Moreover, the Labour Party was a member of the Second International, which itself was created on avowedly Marxist principles. Marx himself wrote much of the French Socialist Party's first programme, Marx and Engels were both members of the German SPD, which traces its lineage through to today. Marx wrote his criticism of the Gotha Programme of that party, whilst Engels contributed to the development of the later Erfurt Programme. The Second International itself was under the guidance of its titular head, Karl Kautsky, the so called Pope of Marxism.
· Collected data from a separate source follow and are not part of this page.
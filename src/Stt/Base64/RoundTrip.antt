-- ===== src/Stt/Base64/RoundTrip.antt =====
-- src/stt/realtime_envelope.cpp: decoding what was encoded.
use lclva.Prelude.{
  ℕ, ◌+◌, ◌*◌, ◌/◌, ◌%◌, ◌<◌, ◌≡◌, refl, ap, ap₂, ◌∙◌, List, [], ◌∷◌, none, some, true, false, not,
  ◌==◌, length, All, arith, if_true, if_false,
}
use lclva.Stt.Base64.{
  alpha, lookup, padding, triple, first, second, third, fourth, base64_encode, malformed,
  last_group, full_group, of_two, of_three, of_four, group, put, decode_groups, base64_decode,
}

abbrev pub IsByte : ℕ → Type 0
IsByte b = b < 256

lookup-alpha : (i : ℕ) → i < 64 → lookup (alpha i) ≡ some i
lookup-alpha i h = ground arith

alpha-padding : (i : ℕ) → i < 64 → (alpha i == padding) ≡ false
alpha-padding i h = ground arith

-- The number that four digits make, and its bytes.
abbrev digits : ℕ → ℕ → ℕ → ℕ → ℕ
digits w x y z = triple (w * 4) 0 0 + x * 4096 + y * 64 + z

abbrev bytes_of : ℕ → List ℕ
bytes_of t = t / 65536 % 256 ∷ t / 256 % 256 ∷ t % 256 ∷ []

of_two-alpha :
    (w x c d : ℕ)
    → w < 64
    → x < 64
    → of_two (lookup (alpha w)) (lookup (alpha x)) c d ≡ of_two (some w) (some x) c d
of_two-alpha w x c d hw hx = ap₂ (λ a b. of_two a b c d) (lookup-alpha w hw) (lookup-alpha x hx)

of_three-alpha :
    (w x y d : ℕ) → y < 64 → of_two (some w) (some x) (alpha y) d ≡ of_three w x (some y) d
of_three-alpha w x y d hy =
    if_false (alpha y == padding) _ (of_three w x (lookup (alpha y)) d) (alpha-padding y hy)
    ∙ ap (λ o. of_three w x o d) (lookup-alpha y hy)

of_four-alpha :
    (w x y z : ℕ)
    → z < 64
    → of_three w x (some y) (alpha z) ≡ full_group (bytes_of (digits w x y z))
of_four-alpha w x y z hz =
    if_false (alpha z == padding) _ (of_four w x y (lookup (alpha z))) (alpha-padding z hz)
    ∙ ap (of_four w x y) (lookup-alpha z hz)

group_full :
    (w x y z : ℕ)
    → w < 64
    → x < 64
    → y < 64
    → z < 64
    → group (alpha w) (alpha x) (alpha y) (alpha z) ≡ full_group (bytes_of (digits w x y z))
unfolding group
group_full w x y z hw hx hy hz =
    of_two-alpha w x (alpha y) (alpha z) hw hx
    ∙ of_three-alpha w x y (alpha z) hy
    ∙ of_four-alpha w x y z hz

digits_of :
    (t : ℕ) → t < 16777216 → digits (t / 262144 % 64) (t / 4096 % 64) (t / 64 % 64) (t % 64) ≡ t
digits_of t h = omega arith

bytes_of-triple :
    (a b c : ℕ) → IsByte a → IsByte b → IsByte c → bytes_of (triple a b c) ≡ a ∷ b ∷ c ∷ []
bytes_of-triple a b c ha hb hc =
    let x : triple a b c / 65536 % 256 ≡ a = omega arith in
    let y : triple a b c / 256 % 256 ≡ b = omega arith in
    let z : triple a b c % 256 ≡ c = omega arith in
    ap₂ (λ p q. p ∷ q) x (ap₂ (λ p q. p ∷ q) y (ap (λ p. p ∷ []) z))

group_one :
    (a : ℕ)
    → IsByte a
    → let t = triple a 0 0 in group (first t) (second t) padding padding ≡ last_group (a ∷ [])
unfolding group
group_one a h =
    let w = triple a 0 0 / 262144 % 64 in
    let x = triple a 0 0 / 4096 % 64 in
    let clean : x % 16 ≡ 0 = omega arith in
    let b : (triple (w * 4) 0 0 + x * 4096) / 65536 % 256 ≡ a = omega arith in
    of_two-alpha w x padding padding (omega arith) (omega arith)
    ∙ if_true (x % 16 == 0) _ malformed (ap (λ (k : ℕ). k == 0) clean)
    ∙ ap (λ (k : ℕ). last_group (k ∷ [])) b

group_two :
    (a b : ℕ)
    → IsByte a
    → IsByte b
    → let t = triple a b 0 in group (first t) (second t) (third t) padding ≡ last_group (a ∷ b ∷ [])
unfolding group
group_two a b ha hb =
    let w = triple a b 0 / 262144 % 64 in
    let x = triple a b 0 / 4096 % 64 in
    let y = triple a b 0 / 64 % 64 in
    let clean : y % 4 ≡ 0 = omega arith in
    let t = triple (w * 4) 0 0 + x * 4096 + y * 64 in
    let p : t / 65536 % 256 ≡ a = omega arith in
    let q : t / 256 % 256 ≡ b = omega arith in
    of_two-alpha w x (third (triple a b 0)) padding (omega arith) (omega arith)
    ∙ of_three-alpha w x y padding (omega arith)
    ∙ if_true (y % 4 == 0) (last_group (t / 65536 % 256 ∷ t / 256 % 256 ∷ [])) malformed
        (ap (λ (k : ℕ). k == 0) clean)
    ∙ ap₂ (λ (k l : ℕ). last_group (k ∷ l ∷ [])) p q

group_three :
    (a b c : ℕ)
    → IsByte a
    → IsByte b
    → IsByte c
    → let t = triple a b c in
      group (first t) (second t) (third t) (fourth t) ≡ full_group (a ∷ b ∷ c ∷ [])
group_three a b c ha hb hc =
    let t = triple a b c in
    group_full (t / 262144 % 64) (t / 4096 % 64) (t / 64 % 64) (t % 64) (omega arith) (omega arith)
      (omega arith) (omega arith)
    ∙ ap (λ k. full_group (bytes_of k)) (digits_of t (omega arith))
    ∙ ap full_group (bytes_of-triple a b c ha hb hc)

decode_groups-encode : (s : List ℕ) → All IsByte s → decode_groups (base64_encode s) ≡ some s
unfolding base64_encode decode_groups
decode_groups-encode [] h = refl
decode_groups-encode (a ∷ []) (ha, _) = ap (λ g. put g (some [])) (group_one a ha)
decode_groups-encode (a ∷ b ∷ []) (ha, (hb, _)) = ap (λ g. put g (some [])) (group_two a b ha hb)
decode_groups-encode (a ∷ b ∷ c ∷ s) (ha, (hb, (hc, h))) =
    ap₂ put (group_three a b c ha hb hc) (decode_groups-encode s h)

pub length-encode : (s : List ℕ) → length (base64_encode s) ≡ (length s + 2) / 3 * 4
unfolding base64_encode
length-encode [] = refl
length-encode (a ∷ []) = refl
length-encode (a ∷ b ∷ []) = refl
length-encode (a ∷ b ∷ c ∷ s) = omega (arith, length-encode s)

-- Bytes that are encoded are decoded to themselves, and the encoded text has four characters for each
-- three bytes begun.
pub decode-encode :
    (s : List ℕ)
    → All IsByte s
    → (base64_decode (base64_encode s) ≡ some s)
      × (length (base64_encode s) ≡ (length s + 2) / 3 * 4)
unfolding base64_decode
decode-encode s h =
    let n = length-encode s in
    let whole : (length (base64_encode s) % 4 == 0) ≡ true = ground (arith, n) in
    (
      if_false (not (length (base64_encode s) % 4 == 0)) none (decode_groups (base64_encode s))
            (ap not whole)
          ∙ decode_groups-encode s h,
      n,
    )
It is not Marxists who are in some way alien to the real traditions of the Labour Party, and its sister parties across Europe, but people like John Mann and Tony Blair. In fact, just as the Co-op Party is affiliated to the Labour Party today, for a long-time, members of the British Communist Party, who comprised around 25% of its membership, held dual membership of both parties. That is not surprising, because the Communist Party was, in the shape of its predecessor organisation, the Social Democratic Federation, one of the founding organisations of the Labour Party! It was only the sectarian, attitude of the Communist Party leaders, in the 1920's, which led to that situation ending, by them giving an opportunity for the right-wing leaders of the Labour Party to expel them. Instead of simply writing to the Labour Party saying that they had changed their name from the British Socialist Party (which is what the SDF had become) to the British Communist Party, the CP instead wrote applying for affiliation (an affiliation that the BSP already had), and did so in such terms as to almost guarantee that it would be rejected.
The right-wing leaders had been trying to oppose the left-wing of the party through the early 1920's, especially as, today, they were gaining increasing popular support, as against the policies of Ramsey MacDonald, Arthur Henderson and Phillip Snowden. The left gained strength in the trades unions, at rank and file level, via the Minority Movement, and thereby were able to play an important role in the transport strikes of 1920, and in the General Strike of 1926. The 1925 Liverpool Conference of the Labour Party confirmed the decision of the previous year to proscribe Communist Party members from membership, but they continued to be individual members for a long time, and more than 100 divisional and borough Labour Parties refused to abide by a decision to exclude members they had worked with for years, many of whom had been instrumental in creating the Labour Party in the first place.
We have a similar situation today. On the one hand, a Tory-lite, Blairite leadership of the party, which like other such groupings across Europe has badly failed, and is failing to recognise a change in material conditions, and political climate. On the other hand, as in the 1920's, a sectarian left that refuses to engage with the Labour Party, as the Workers' Party, and which, in the same kind of Third Period ultraleftist stance as the Communist Party of the 1920's, is more concerned to “distance” itself from such a party, for fear of dirtying its hands, than to get involved in such a struggle.